Work required: Read through the records. Copy each line that has the word "Lacks".

[Collected data]
——

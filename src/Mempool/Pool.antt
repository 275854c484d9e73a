-- ===== src/Mempool/Pool.antt =====
-- src/tx/mempool.cpp: what the pool holds after each operation.
use blockchain_demo.Prelude.{
  ℕ, ◌≡◌, refl, sym, ap, ◌∙◌, true, false, not, ◌&&◌, List, [], ◌∷◌, ◌++◌, Option, none, some,
  Bytes, bytes_eq, bytes_eq_iff, length, arith, option_cases, Bool-cases, inl, inr,
}
use blockchain_demo.Transaction.{Transaction}
use blockchain_demo.HashTable.{Table, get, contains, clear}
use blockchain_demo.HashTable.Hashing.{Key}
use blockchain_demo.HashTable.Refinement.{Models, replicate-Models, new-Models}
use blockchain_demo.Mempool.{
  Mempool, new_mempool, rebuild_index, remove_committed, remove_each, remove_first, exists,
}
use blockchain_demo.Mempool.Index.{
  has, has-append, Covers, is_some, clear_buckets-replicate, index_all-IsExtended,
}

-- No two transactions have one identifier.
unfoldable pub Unique : List Transaction → Type 0
unfolding has
Unique [] = Unit
Unique (tx ∷ txs) = (has tx.tx_id txs ≡ false) × Unique txs

pub append-Unique :
    (txs : List Transaction) (tx : Transaction)
    → has tx.tx_id txs ≡ false
    → Unique txs
    → Unique (txs ++ (tx ∷ []))
unfolding Unique has
append-Unique [] tx h u = (refl, tt)
append-Unique (t ∷ txs) tx h u = ground (
  arith,
  append-Unique txs tx,
  has-append t.tx_id txs tx,
  bytes_eq_iff t.tx_id tx.tx_id,
  bytes_eq_iff tx.tx_id t.tx_id,
)

has-same : (a b : Bytes) (txs : List Transaction) → bytes_eq a b ≡ true → has a txs ≡ has b txs
has-same a b txs h = ap (λ q. has q txs) ((bytes_eq_iff a b).0 h)

has-remove_first :
    (q id : Bytes) (txs : List Transaction)
    → Unique txs
    → has q (remove_first id txs) ≡ (has q txs && not (bytes_eq q id))
unfolding Unique has remove_first
has-remove_first q id [] u = refl
has-remove_first q id (t ∷ txs) u = elim (Bool-cases (bytes_eq t.tx_id id)) [
  | inl e ↦ elim (Bool-cases (bytes_eq q id)) [
    | inl f ↦
        rw (e, f)
          (ground (
            arith,
            u.0,
            has-same q t.tx_id txs (
                (bytes_eq_iff q t.tx_id).1
                  ((bytes_eq_iff q id).0 f ∙ sym ((bytes_eq_iff t.tx_id id).0 e))),
          ))
    | inr f ↦ ground (arith, e, f, ap (bytes_eq q) ((bytes_eq_iff t.tx_id id).0 e))
  ]
  | inr e ↦ ground (
    arith,
    e,
    has-remove_first q id txs u.1,
    bytes_eq_iff q t.tx_id,
    bytes_eq_iff q id,
    bytes_eq_iff t.tx_id id,
  )
]

remove_first-Unique :
    (id : Bytes) (txs : List Transaction) → Unique txs → Unique (remove_first id txs)
unfolding Unique remove_first
remove_first-Unique id [] u = tt
remove_first-Unique id (t ∷ txs) u = elim (Bool-cases (bytes_eq t.tx_id id)) [
  | inl e ↦ rw (e, remove_first) u.1
  | inr e ↦
      rw (e, remove_first)
        (has-remove_first t.tx_id id txs u.1 ∙ ground (arith, u.0), remove_first-Unique id txs u.1)
]

remove_each-Unique :
    (committed txs : List Transaction) → Unique txs → Unique (remove_each committed txs)
unfolding remove_each
remove_each-Unique [] txs u = u
remove_each-Unique (tx ∷ committed) txs u =
    remove_each-Unique committed (remove_first tx.tx_id txs) (remove_first-Unique tx.tx_id txs u)

has-remove_each :
    (q : Bytes) (committed txs : List Transaction)
    → Unique txs
    → has q (remove_each committed txs) ≡ (has q txs && not (has q committed))
unfolding remove_each has
has-remove_each q [] txs u = ground arith
has-remove_each q (tx ∷ committed) txs u = ground (
  arith,
  has-remove_each q committed (remove_first tx.tx_id txs) (remove_first-Unique tx.tx_id txs u),
  has-remove_first q tx.tx_id txs u,
)

module _ ⦃key : Key Bytes⦄ where
  -- The index covers the pending transactions, which have different identifiers.
  pub record IsPool (m : Mempool) : Type 0 where
    pub covered : Covers m.index m.txs
    pub unique : Unique m.txs

  pub new_mempool-IsPool : IsPool new_mempool
  unfolding new_mempool has Unique
  new_mempool-IsPool = record {
    covered = record { reads = λ _. none; models = new-Models Bytes ℕ 32; exact = λ q. refl };
    unique = tt;
  }

  pub exists-has : (q : Bytes) (m : Mempool) → IsPool m → exists q m ≡ has q m.txs
  unfolding exists contains
  exists-has q m p =
      let known = p.covered.models.reads q in
      option_cases (λ b. b ≡ has q m.txs) (get m.index q) false (λ _. true)
        (λ n. ap is_some (sym n ∙ known) ∙ p.covered.exact q)
        (λ a n. ap is_some (sym n ∙ known) ∙ p.covered.exact q)

  clear-Models :
      (t : Table Bytes ℕ) (f : Bytes → Option ℕ) → Models t f → Models (clear t) (λ _. none)
  unfolding clear
  clear-Models t f m =
      rw (clear_buckets-replicate t.buckets) (replicate-Models Bytes ℕ (length t.buckets) m.pos)

  -- What `RemoveCommitted` returns with.
  pub record IsPurged (committed : List Transaction) (m : Mempool) (o : Option Mempool)
      : Type 0 where
    pub pool : Mempool
    pub returned : o ≡ some pool
    pub sound : IsPool pool
    pub left : (q : Bytes) → exists q pool ≡ (exists q m && not (has q committed))

  -- `RemoveCommitted` always returns, the index covers the pending transactions again, and exactly
  -- the identifiers that were pending and not committed are known to the pool.
  pub remove_committed-IsPurged :
      (committed : List Transaction) (m : Mempool)
      → IsPool m
      → IsPurged committed m (remove_committed committed m)
  unfolding remove_committed rebuild_index
  remove_committed-IsPurged committed m p =
      let txs = remove_each committed m.txs in
      let all =
        index_all-IsExtended txs 0 (clear m.index) (λ _. none)
          (clear-Models m.index p.covered.reads p.covered.models) in
      let pool : Mempool = record { txs = txs; index = all.table } in
      let sound : IsPool pool = record {
        covered = record { reads = all.reads; models = all.models; exact = all.exact };
        unique = remove_each-Unique committed m.txs p.unique;
      } in
      record {
        pool = pool;
        returned = rw (all.returned, rebuild_index) refl;
        sound = sound;
        left = λ q.
            exists-has q pool sound
            ∙ (has-remove_each q committed m.txs p.unique
                ∙ ap (λ b. b && not (has q committed)) (sym (exists-has q m p)));
      }
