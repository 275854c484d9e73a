-- ===== src/Mempool/Admission.antt =====
-- src/tx/mempool.cpp: `AddTransaction` on every branch.
use blockchain_demo.Prelude.{
  ℕ, ◌-◌, ◌≤◌, ◌≡◌, refl, sym, subst, ap, ◌∙◌, Bool, true, false, ◌||◌, [], ◌∷◌, ◌++◌, Option, some,
  Bytes, bytes_eq, length, ltb, arith, if_cases, option_cases, eq_of_some, none-ne-some, Always,
}
use blockchain_demo.Crypto.{Sodium}
use blockchain_demo.Transaction.{
  Transaction, is_empty, serialize_transaction_full, verify_transaction_signature,
}
use blockchain_demo.HashTable.{Table, put, contains}
use blockchain_demo.HashTable.Hashing.{Key}
use blockchain_demo.HashTable.Refinement.{Models, update}
use blockchain_demo.HashTable.Growth.{put-Yields}
use blockchain_demo.Mempool.{Mempool, Added, add_transaction, exists}
use blockchain_demo.Mempool.Index.{has, has-append, is_some, is_some-update}
use blockchain_demo.Mempool.Pool.{IsPool, append-Unique, exists-has}

module _ ⦃key : Key Bytes⦄ where
  module _ ⦃sodium : Sodium⦄ where
    -- The transaction was acceptable, and stands last in a sound pool.
    pub record IsAdmitted (tx : Transaction) (m : Mempool) (r : Added) : Type 0 where
      pub named : is_empty tx.tx_id ≡ false
      pub unknown : exists tx.tx_id m ≡ false
      pub short : length (serialize_transaction_full tx) ≤ 16384
      pub valid : verify_transaction_signature tx ≡ some true
      pub txs : r.pool.txs ≡ m.txs ++ (tx ∷ [])
      pub sound : IsPool r.pool
      pub knows : (q : Bytes) → exists q r.pool ≡ (bytes_eq q tx.tx_id || exists q m)

    -- Either the transaction is admitted, or the pool is as it was.
    pub record IsAnswered (tx : Transaction) (m : Mempool) (r : Added) : Type 0 where
      pub admitted : r.added ≡ true → IsAdmitted tx m r
      pub refused : r.added ≡ false → r.pool ≡ m

    refused_as_it_was :
        (tx : Transaction) (m : Mempool) (error : Bytes)
        → IsAnswered tx m (record { pool = m; added = false; error = error })
    refused_as_it_was tx m error = record { admitted = λ h. cc; refused = λ _. refl }

    grown-IsAdmitted :
        (tx : Transaction) (m : Mempool) (error : Bytes) (t : Table Bytes ℕ) (n : ℕ) (p : IsPool m)
        → is_empty tx.tx_id ≡ false
        → exists tx.tx_id m ≡ false
        → length (serialize_transaction_full tx) ≤ 16384
        → verify_transaction_signature tx ≡ some true
        → Models t (update p.covered.reads tx.tx_id (some n))
        → IsAdmitted tx m (record {
          pool = record { txs = m.txs ++ (tx ∷ []); index = t };
          added = true;
          error = error;
        })
    grown-IsAdmitted tx m error t n p named unknown short valid models =
        let exact : (q : Bytes)
            → is_some (update p.covered.reads tx.tx_id (some n) q) ≡ has q (m.txs ++ (tx ∷ [])) =
          λ q.
            is_some-update p.covered.reads tx.tx_id q n
            ∙ (ap (λ b. bytes_eq q tx.tx_id || b) (p.covered.exact q)
                ∙ sym (has-append q m.txs tx)) in
        let sound : IsPool (record { txs = m.txs ++ (tx ∷ []); index = t }) = record {
          covered = record {
            reads = update p.covered.reads tx.tx_id (some n);
            models = models;
            exact = exact;
          };
          unique = append-Unique m.txs tx (sym (exists-has tx.tx_id m p) ∙ unknown) p.unique;
        } in
        record {
          named = named;
          unknown = unknown;
          short = short;
          valid = valid;
          txs = refl;
          sound = sound;
          knows = λ q.
              exists-has q (record { txs = m.txs ++ (tx ∷ []); index = t }) sound
              ∙ (has-append q m.txs tx
                  ∙ ap (λ b. bytes_eq q tx.tx_id || b) (sym (exists-has q m p)));
        }

    short_enough : (n : ℕ) → ltb 16384 n ≡ false → n ≤ 16384
    short_enough n h = ground arith

    -- `AddTransaction` either refuses and leaves the pool as it was, or admits a transaction that has
    -- an identifier, is not pending yet, takes at most 16384 bytes and carries a valid signature; the
    -- pool then holds it last, is sound, and knows its identifier besides those known before.
    pub add_transaction-IsAnswered :
        (tx : Transaction) (error : Bytes) (m : Mempool)
        → IsPool m
        → Always (IsAnswered tx m) (add_transaction tx error m)
    unfolding add_transaction exists
    add_transaction-IsAnswered tx error m p =
        let P : Option Added → Type 0 = Always (IsAnswered tx m) in
        if_cases P (is_empty tx.tx_id) _ _ (λ _. refused_as_it_was tx m _)
          (λ named.
            if_cases P (contains m.index tx.tx_id) _ _ (λ _. refused_as_it_was tx m _)
              (λ unknown.
                if_cases P (ltb 16384 (length (serialize_transaction_full tx))) _ _
                  (λ _. refused_as_it_was tx m _)
                  (λ short.
                    option_cases P (verify_transaction_signature tx) _ _ (λ _. tt)
                      (λ valid v.
                        if_cases P valid _ _
                          (λ is_valid.
                            let n = length (m.txs ++ (tx ∷ [])) - 1 in
                            let y =
                              put-Yields m.index p.covered.reads tx.tx_id n p.covered.models in
                            option_cases P (put m.index tx.tx_id n) _ _ (λ _. tt)
                              (λ t got. record {
                                admitted = λ _.
                                    grown-IsAdmitted tx m error t n p named unknown
                                      (short_enough (length (serialize_transaction_full tx)) short)
                                      (v ∙ ap some is_valid)
                                      (subst
                                        (λ x. Models x (update p.covered.reads tx.tx_id (some n)))
                                        (eq_of_some (sym y.returned ∙ got)) y.models);
                                refused = λ h. cc;
                              }))
                          (λ _. refused_as_it_was tx m _)))))

    clash : {b : Bool} → b ≡ true → b ≡ false → ⊥
    clash t f = cc

    -- `AddTransaction` admits every transaction that has an identifier, is not pending yet, takes at
    -- most 16384 bytes and carries a valid signature, whatever its nonce and however many transactions
    -- are pending.
    pub add_transaction-added :
        (tx : Transaction) (error : Bytes) (m : Mempool)
        → IsPool m
        → is_empty tx.tx_id ≡ false
        → exists tx.tx_id m ≡ false
        → length (serialize_transaction_full tx) ≤ 16384
        → verify_transaction_signature tx ≡ some true
        → (r : Added) × (add_transaction tx error m ≡ some r) × (r.added ≡ true)
    unfolding add_transaction exists
    add_transaction-added tx error m p named unknown short valid =
        let P : Option Added → Type 0 = λ o. (r : Added) × (o ≡ some r) × (r.added ≡ true) in
        let not_long : ltb 16384 (length (serialize_transaction_full tx)) ≡ false = ground arith in
        if_cases P (is_empty tx.tx_id) _ _ (λ t. absurd (clash t named))
          (λ _.
            if_cases P (contains m.index tx.tx_id) _ _ (λ t. absurd (clash t unknown))
              (λ _.
                if_cases P (ltb 16384 (length (serialize_transaction_full tx))) _ _
                  (λ t. absurd (clash t not_long))
                  (λ _.
                    option_cases P (verify_transaction_signature tx) _ _
                      (λ n. absurd (none-ne-some (sym n ∙ valid)))
                      (λ b v.
                        if_cases P b _ _
                          (λ _.
                            let n = length (m.txs ++ (tx ∷ [])) - 1 in
                            let y =
                              put-Yields m.index p.covered.reads tx.tx_id n p.covered.models in
                            option_cases P (put m.index tx.tx_id n) _ _
                              (λ no. absurd (none-ne-some (sym no ∙ y.returned)))
                              (λ t _. (_, refl, refl)))
                          (λ f. absurd (clash (eq_of_some (sym v ∙ valid)) f))))))
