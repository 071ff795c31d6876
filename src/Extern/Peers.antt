-- ===== src/Extern/Peers.antt =====
-- librad's peer ids and keys, and the base64 and sha2 crates.
use radicle_client_services.Base.{Text, Lacks, Option, some, Bool, true, ◌≡◌, ◌↔◌}

pub record Peers : Type 1 where
  -- librad::PeerId, librad::PublicKey
  pub PeerId : Type 0
  pub PublicKey : Type 0
  pub peer_eq : PeerId → PeerId → Bool
  -- PeerId::from_default_encoding, PeerId::from_str, PeerId::default_encoding
  pub from_default_encoding : Text → Option PeerId
  pub from_str : Text → Option PeerId
  pub default_encoding : PeerId → Text
  -- PeerId::as_public_key, PeerId::from(PublicKey), and the key's bytes
  pub as_public_key : PeerId → PublicKey
  pub from_public_key : PublicKey → PeerId
  pub key_bytes : PublicKey → Text
  -- base64::decode, base64::encode, sha2::Sha256::digest
  pub base64_decode : Text → Option Text
  pub base64_encode : Text → Text
  pub sha256 : Text → Text

-- `PartialEq` of peer ids is equality.
pub record HasEq (P : Peers) : Type 0 where
  pub eq_iff : (a b : P.PeerId) → (P.peer_eq a b ≡ true) ↔ (a ≡ b)

-- Both parsers undo the default encoding, a base-32 text, which has no comma.
pub record HasEncoding (P : Peers) : Type 0 where
  pub decode-encode : (a : P.PeerId) → P.from_default_encoding (P.default_encoding a) ≡ some a
  pub from_str-encode : (a : P.PeerId) → P.from_str (P.default_encoding a) ≡ some a
  pub no_comma : (a : P.PeerId) → Lacks b',' (P.default_encoding a)
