-- ===== src/Extern/Identity.antt =====
-- librad's identity documents, as far as the services look at them.
use radicle_client_services.Base.{Text, Option, List}
use radicle_client_services.Extern.Peers.{Peers}

module _ (P : Peers) (Urn : Type 0) where
  -- the delegations of a project: `Either::Left(key)` and `Either::Right(indirect)`
  pub data Delegation : Type 0 where
    direct : P.PublicKey → Delegation
    indirect : Urn → List P.PublicKey → Delegation

  -- librad::identities::SomeIdentity: its urn, the name in its payload, what it delegates to
  pub data SomeIdentity : Type 0 where
    person : Urn → Text → List P.PublicKey → SomeIdentity
    project : Urn → Text → Option Text → List Delegation → SomeIdentity
    unknown : Urn → SomeIdentity

  abbrev pub urn_of : SomeIdentity → Urn
  urn_of (person u n ks) = u
  urn_of (project u n b ds) = u
  urn_of (unknown u) = u
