-- ===== src/Extern/Monorepo.antt =====
-- git2's repository and librad's storage of identities and tracking, over an abstract store.
use radicle_client_services.Base.{
  Text, Lacks, Option, some, List, Bool, true, Outcome, ok, ◌≡◌, ◌≢◌,
}
use radicle_client_services.Extern.Peers.{Peers}
use radicle_client_services.Extern.Identity.{SomeIdentity}

pub record Monorepo (P : Peers) : Type 1 where
  -- git2::Oid
  pub Oid : Type 0
  pub oid_from_str : Text → Outcome Text Oid
  pub oid_is_zero : Oid → Bool
  pub oid_to_string : Oid → Text
  -- librad::git::Urn
  pub Urn : Type 0
  pub urn_eq : Urn → Urn → Bool
  pub try_from_id : Text → Option Urn
  pub encode_id : Urn → Text
  -- the repository on disk, which the calls below read and change
  pub Store : Type 0
  -- Repository::open_bare, Repository::set_namespace (of the handle, not of the disk)
  pub open_bare : Store → Text → Outcome Text (Unit {0})
  pub set_namespace : Store → Text → Outcome Text (Unit {0})
  -- Repository::find_reference and Reference::target: the target is none of a symbolic reference
  pub find_reference : Store → Text → Outcome Text (Option Oid)
  -- Repository::reference(name, oid, force, message)
  pub reference : Text → Oid → Bool → Text → Store → Outcome Text Oid × Store
  -- Repository::reference_symbolic(name, target, force, message)
  pub reference_symbolic : Text → Text → Bool → Text → Store → Outcome Text (Unit {0}) × Store
  -- the target of a symbolic reference
  pub symbolic_target : Store → Text → Option Text
  -- the paths of Profile::from_root(root, None), or of Profile::load() without a root
  pub Paths : Type 0
  pub profile_paths : Store → Option Text → Outcome Text Paths
  -- Paths::git_dir
  pub git_dir_of : Paths → Text
  -- ReadOnly::open(paths) of librad
  pub open_storage : Store → Paths → Outcome Text (Unit {0})
  -- identities().some_identity(oid), identities().verify(oid) of a person and of a project
  pub some_identity : Store → Oid → Outcome Text (SomeIdentity P Urn)
  pub verify_person : Store → Oid → Outcome Text (Unit {0})
  pub verify_project : Store → Oid → Outcome Text (Unit {0})
  -- identities::any::get, identities::any::list
  pub get_identity : Store → Urn → Outcome Text (Option (SomeIdentity P Urn))
  pub list_identities : Store → Outcome Text (List (Outcome Text (SomeIdentity P Urn)))
  -- Pool::get
  pub pool_get : Store → Outcome Text (Unit {0})
  -- tracking::track(storage, urn, Some(peer), Config::default(), Track::Any)
  -- with the error of the tracking, or the error of the guard inside
  pub track : Urn → P.PeerId → Store → Outcome Text (Outcome Text (Unit {0})) × Store
  pub tracks : Store → Urn → P.PeerId → Bool

-- git2 on references: a forced write sets the name that it is given and no other name, whatever it
-- returns, and a symbolic reference is not followed.
pub record HasRefs {P : Peers} (G : Monorepo P) : Type 0 where
  pub reference-found :
      (n : Text) (o : G.Oid) (m : Text) (s : G.Store) {x : G.Oid}
      → (G.reference n o true m s).0 ≡ ok x
      → G.find_reference (G.reference n o true m s).1 n ≡ ok (some o)
  pub reference-found_ne :
      (n : Text) (o : G.Oid) (m : Text) (s : G.Store) (k : Text)
      → n ≢ k
      → G.find_reference (G.reference n o true m s).1 k ≡ G.find_reference s k
  pub reference-target_ne :
      (n : Text) (o : G.Oid) (m : Text) (s : G.Store) (k : Text)
      → n ≢ k
      → G.symbolic_target (G.reference n o true m s).1 k ≡ G.symbolic_target s k
  pub symbolic-target :
      (n t : Text) (m : Text) (s : G.Store)
      → (G.reference_symbolic n t true m s).0 ≡ ok tt
      → G.symbolic_target (G.reference_symbolic n t true m s).1 n ≡ some t
  pub symbolic-found_ne :
      (n t : Text) (m : Text) (s : G.Store) (k : Text)
      → n ≢ k
      → G.find_reference (G.reference_symbolic n t true m s).1 k ≡ G.find_reference s k

-- Tracking that returned is recorded, and no call of it forgets a peer.
pub record HasTracking {P : Peers} (G : Monorepo P) : Type 0 where
  pub track-tracks :
      (u : G.Urn) (a : P.PeerId) (s : G.Store)
      → (G.track u a s).0 ≡ ok (ok tt)
      → G.tracks (G.track u a s).1 u a ≡ true
  pub track-keeps :
      (u v : G.Urn) (a b : P.PeerId) (s : G.Store)
      → G.tracks s v b ≡ true
      → G.tracks (G.track u a s).1 v b ≡ true

-- An object id is read back from its text, which has no blank.
pub record HasOids {P : Peers} (G : Monorepo P) : Type 0 where
  pub from-to : (o : G.Oid) → G.oid_from_str (G.oid_to_string o) ≡ ok o
  pub no_blank : (o : G.Oid) → Lacks b' ' (G.oid_to_string o)
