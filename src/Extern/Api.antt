-- ===== src/Extern/Api.antt =====
-- What the HTTP API uses besides the repository: the radicle-common, radicle-surf and librad crates.
use radicle_client_services.Base.{Text, ℕ, Option, List, Bool, true, Outcome, ◌≡◌, ◌↔◌}
use radicle_client_services.Extern.Peers.{Peers}
use radicle_client_services.Extern.Identity.{SomeIdentity}
use radicle_client_services.Extern.Monorepo.{Monorepo}

-- radicle_common::project::Delegate; the ids of an indirect delegate, as it iterates over them
module _ (P : Peers) where
  pub data Delegate : Type 0 where
    direct : P.PeerId → Delegate
    indirect : List P.PeerId → Delegate

-- radicle_common::project::Metadata, the fields that the API reads
pub record Metadata {P : Peers} (G : Monorepo P) : Type 0 where
  pub urn : G.Urn
  pub default_branch : Text
  pub delegates : List (Delegate P)

pub record Api {P : Peers} (G : Monorepo P) : Type 1 where
  -- Namespace::try_from(urn) and One::try_from(branch), if they succeed
  pub is_namespace : G.Urn → Bool
  pub is_branch : Text → Bool
  -- Reference::head(namespace, peer, branch).to_string()
  pub head : G.Urn → Option P.PeerId → Text → Text
  -- Urn::from_str, identities::project::get
  pub urn_from_str : Text → Option G.Urn
  pub get_project : G.Store → G.Urn → Outcome Text (Option (SomeIdentity P G.Urn))
  -- Repository::find_commit, and radicle-surf's commit of it
  pub find_commit : G.Store → G.Oid → Outcome Text (Unit {0})
  pub commit_of : G.Store → G.Oid → Outcome Text (Unit {0})
  -- person::local(storage), and the counts of the stores of issues and patches
  pub local_person : G.Store → Outcome Text (Unit {0})
  pub count_issues : G.Store → G.Urn → Outcome Text ℕ
  pub count_patches : G.Store → G.Urn → Outcome Text ℕ
  -- project::Metadata::try_from
  pub metadata : SomeIdentity P G.Urn → Outcome Text (Metadata G)
  -- tracking::tracked and its entries, the peer of each if it has one; PeerInfo::get
  pub tracked : G.Store → G.Urn → Outcome Text (List (Outcome Text (Option P.PeerId)))
  pub PeerInfo : Type 0
  pub peer_of : PeerInfo → P.PeerId
  pub peer_info : G.Store → P.PeerId → Metadata G → PeerInfo
  -- keys::to_ssh_fingerprint, git::commit_ssh_fingerprint
  pub ssh_fingerprint : P.PeerId → Text
  pub commit_fingerprint : G.Store → Text → Outcome Text (Option Text)

-- `PartialEq` of urns is equality, and the information on a peer is about that peer.
pub record HasPeers {P : Peers} {G : Monorepo P} (X : Api G) : Type 0 where
  pub urn_eq_iff : (u v : G.Urn) → (G.urn_eq u v ≡ true) ↔ (u ≡ v)
  pub peer_of-peer_info :
      (s : G.Store) (id : P.PeerId) (meta : Metadata G) → X.peer_of (X.peer_info s id meta) ≡ id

——

Answer area:
use radicle_client_services.Base.{Text, Lacks, Option, some, Bool, true, ◌≡◌, ◌↔◌}
  pub no_comma : (a : P.PeerId) → Lacks b',' (P.default_encoding a)
  Text, Lacks, Option, some, List, Bool, true, Outcome, ok, ◌≡◌, ◌≢◌,
  pub no_blank : (o : G.Oid) → Lacks b' ' (G.oid_to_string o)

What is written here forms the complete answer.